(Saved entries)
-- ===== src/Service.antt =====
-- pkg/service: the gRPC handlers. The call of `Submit` is an argument: what it does is the matter
-- of Processor, and the handler sees only how it ended.
pub mod Replies
mod Examples
use extend_game_telemetry_co.Prelude.{ℕ, Bool, Option, none, some, [], ◌∷◌, List, Text, ℤ, pos}
use mathlib.Core.Option
use extend_game_telemetry_co.Pb
use extend_game_telemetry_co.Events.{Fields}
use extend_game_telemetry_co.Events.StatItemUpdated.{StatItemUpdatedEvent}
use extend_game_telemetry_co.Events.OauthTokenGenerated.{OauthTokenGeneratedEvent, OauthPayload}
use extend_game_telemetry_co.Processor.{Outcome, queued, skipped, refused, panicked}

-- The reply, or the end of the process by a panic in `Submit`.
pub data Reply : Type 0 where
  empty invalid_argument internal crash : Reply

reply_to : Outcome → Reply
reply_to queued = empty
reply_to skipped = empty
reply_to refused = internal
reply_to panicked = crash

-- The namespace of the request, or else that of the service.
or_service : Text → Text → Text
or_service [] service = service
or_service (c ∷ cs) service = c ∷ cs

-- `as_map` is `(*structpb.Struct).AsMap`, and `now_ms` is `time.Now().UnixMilli()`.
module _ {Struct : Type 0} (as_map : Option Struct → Fields) where
  unfoldable pub stat_event : Text → ℕ → Pb.StatItemUpdated Struct → StatItemUpdatedEvent
  unfolding or_service
  stat_event service now_ms req = record {
    id = req.id;
    version = pos 0;
    namespace = or_service req.namespace service;
    name = req.name;
    user_id = req.user_id;
    session_id = req.session_id;
    timestamp = req.timestamp;
    server_timestamp = pos now_ms;
    payload = some (record {
      stat_code = Pb.get_stat_code req.payload;
      user_id = Pb.get_user_id req.payload;
      latest_value = Pb.get_latest_value req.payload;
      inc = Pb.get_inc req.payload;
      additional_data = as_map (Pb.get_additional_data req.payload);
      ignore_additional_data_on_value_rejected =
          Pb.get_ignore_additional_data_on_value_rejected req.payload;
      default_value = Pb.get_default_value req.payload;
      request_value = Pb.get_request_value req.payload;
      update_strategy = Pb.get_update_strategy req.payload;
    });
  }

  -- The reply, and the event that was submitted.
  unfoldable pub stat_on_message :
      Text
      → ℕ
      → (StatItemUpdatedEvent → Outcome)
      → Option (Pb.StatItemUpdated Struct)
      → Reply × Option StatItemUpdatedEvent
  unfolding stat_event reply_to
  stat_on_message service now_ms submit none = (invalid_argument, none)
  stat_on_message service now_ms submit (some req) =
      let event = stat_event service now_ms req in (reply_to (submit event), some event)

-- `req.Payload != nil && req.Payload.Oauth != nil`
oauth_payload : Option Pb.OauthTokenGeneratedPayloadData → Option OauthPayload
oauth_payload none = none
oauth_payload (some p) =
    Option.map
      (λ o. record {
        client_id = o.client_id;
        response_type = o.response_type;
        platform_id = o.platform_id;
      })
      p.oauth

pub token_event : Text → ℕ → Pb.OauthTokenGenerated → OauthTokenGeneratedEvent
unfolding or_service oauth_payload
token_event service now_ms req = record {
  id = req.id;
  version = req.version;
  namespace = or_service req.namespace service;
  name = req.name;
  user_id = req.user_id;
  session_id = req.session_id;
  trace_id = req.trace_id;
  timestamp = req.timestamp;
  server_timestamp = pos now_ms;
  payload = oauth_payload req.payload;
}

unfoldable pub token_on_message :
    Text
    → ℕ
    → (OauthTokenGeneratedEvent → Outcome)
    → Option Pb.OauthTokenGenerated
    → Reply × Option OauthTokenGeneratedEvent
unfolding token_event reply_to
token_on_message service now_ms submit none = (invalid_argument, none)
token_on_message service now_ms submit (some req) =
    let event = token_event service now_ms req in (reply_to (submit event), some event)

◆ **PROBLEM DESCRIPTION**: Lines with the word "queued" in them are the answer; report each one from the data.

◆ **TASK ANSWER**:
use extend_game_telemetry_co.Processor.{Outcome, queued, skipped, refused, panicked}
reply_to queued = empty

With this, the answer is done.